(Supplied data):
····················

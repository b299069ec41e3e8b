-- ===== src/Alerts/Conditions/Filter.antt =====
-- alerts/alerts_utils.rs: the conditions on lists, and all conditions of a filter.
use parseable.Prelude.{ℕ, Bool, false, Option, none, some, List, [], ◌∷◌, ◌++◌, if◌then◌else◌, eqb}
use parseable.Validator.{chars}
use parseable.Results.{Result, ok, err, ◌>>=◌}
use parseable.Alerts.Conditions.{
  and, or, WhereConfigOperator, equal, not_equal, is_null, is_not_null, contains, does_not_contain,
  ConditionConfig, Conditions, as_str, quoted, starts_with, scalar_condition_expr,
}

-- `str::trim`, `strip_prefix` and `strip_suffix` of brackets
module _ (is_whitespace : ℕ → Bool) where
  unfoldable pub trim_start : List ℕ → List ℕ
  trim_start [] = []
  trim_start (c ∷ cs) = let rest = trim_start cs in if is_whitespace c then rest else c ∷ cs

  unfoldable pub trim_end : List ℕ → List ℕ
  trim_end [] = []
  trim_end (c ∷ cs) = elim (trim_end cs) [
    | [] ↦ if is_whitespace c then [] else c ∷ []
    | d ∷ ds ↦ c ∷ d ∷ ds
  ]

  abbrev strip_suffix : List ℕ → Option (List ℕ)
  strip_suffix [] = none
  strip_suffix (c ∷ cs) = elim cs [
    | [] ↦ if eqb c 93 then some [] else none
    | d ∷ ds ↦ elim (strip_suffix cs) [ none ↦ none | some ts ↦ some (c ∷ ts) ]
  ]

  abbrev strip_brackets : List ℕ → Option (List ℕ)
  strip_brackets [] = none
  strip_brackets (c ∷ cs) = let rest = strip_suffix cs in if eqb c 91 then rest else none

  unfoldable pub inner_value : List ℕ → List ℕ
  unfolding trim_start trim_end
  inner_value value = elim (strip_brackets (trim_end (trim_start value))) [
    | none ↦ value
    | some inner ↦ inner
  ]

  unfoldable pub list_condition_expr :
      List ℕ → WhereConfigOperator → List ℕ → Result (List ℕ) (List ℕ)
  unfolding inner_value
  list_condition_expr column operator value =
      let array = chars "ARRAY[" ++ inner_value value ++ chars "]" in
      let unsupported : Result (List ℕ) (List ℕ) = err (
        chars "Operator '"
        ++ as_str operator
        ++ chars "' is not supported for list type columns") in
      elim operator [
        | contains ↦
            ok (chars "array_has_all(" ++ quoted column ++ chars ", " ++ array ++ chars ")")
        | does_not_contain ↦
            ok (chars "NOT array_has_all(" ++ quoted column ++ chars ", " ++ array ++ chars ")")
        | equal ↦ ok (quoted column ++ chars " = " ++ array)
        | not_equal ↦ ok (quoted column ++ chars " != " ++ array)
        | _ ↦ unsupported
      ]

module _ (format_f64 : List ℕ → Option (List ℕ)) (is_whitespace : ℕ → Bool) where
  abbrev value_of : ConditionConfig → List ℕ
  value_of condition = elim condition.value [ none ↦ [] | some v ↦ v ]

  abbrev null_test : ConditionConfig → Result (List ℕ) (List ℕ)
  null_test condition = elim (value_of condition) [
    | [] ↦ ok (quoted condition.column ++ chars " " ++ as_str condition.operator)
    | c ∷ cs ↦ err (chars "value must be null when operator is either `is null` or `is not null`")
  ]

  abbrev is_list_type : Option (List ℕ) → Bool
  is_list_type none = false
  is_list_type (some t) = starts_with t (chars "list")

  unfoldable pub condition_to_expr : ConditionConfig → Result (List ℕ) (List ℕ)
  unfolding list_condition_expr scalar_condition_expr
  condition_to_expr condition =
      let other =
        if is_list_type condition.column_type
        then list_condition_expr is_whitespace condition.column condition.operator
            (value_of condition)
        else scalar_condition_expr format_f64 condition.column condition.operator
            (value_of condition) condition.column_type in
      elim condition.operator [
        | is_null ↦ null_test condition
        | is_not_null ↦ null_test condition
        | _ ↦ other
      ]

  -- The conditions that are left, joined with " AND ".
  unfoldable pub join_exprs : List ConditionConfig → Result (List ℕ) (List ℕ)
  unfolding condition_to_expr
  join_exprs [] = ok []
  join_exprs (condition ∷ more) = do
    expr ← condition_to_expr condition
    rest ← join_exprs more
    ok (elim more [ [] ↦ expr | c ∷ cs ↦ expr ++ chars " AND " ++ rest ])

  unfoldable pub get_filter_string : Conditions → Result (List ℕ) (List ℕ)
  unfolding join_exprs
  get_filter_string where_clause = elim where_clause.operator [
    | none ↦ err (chars "Invalid option 'null', only 'and' is supported")
    | some and ↦ join_exprs where_clause.condition_config
    | some or ↦ err (chars "Invalid option 'or', only 'and' is supported")
  ]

····················

(Task directions): Exact copies of the line with "option 'or', only" and of every later line in the entries make up the whole answer.

(Answer to the problem):
    | some or ↦ err (chars "Invalid option 'or', only 'and' is supported")
  ]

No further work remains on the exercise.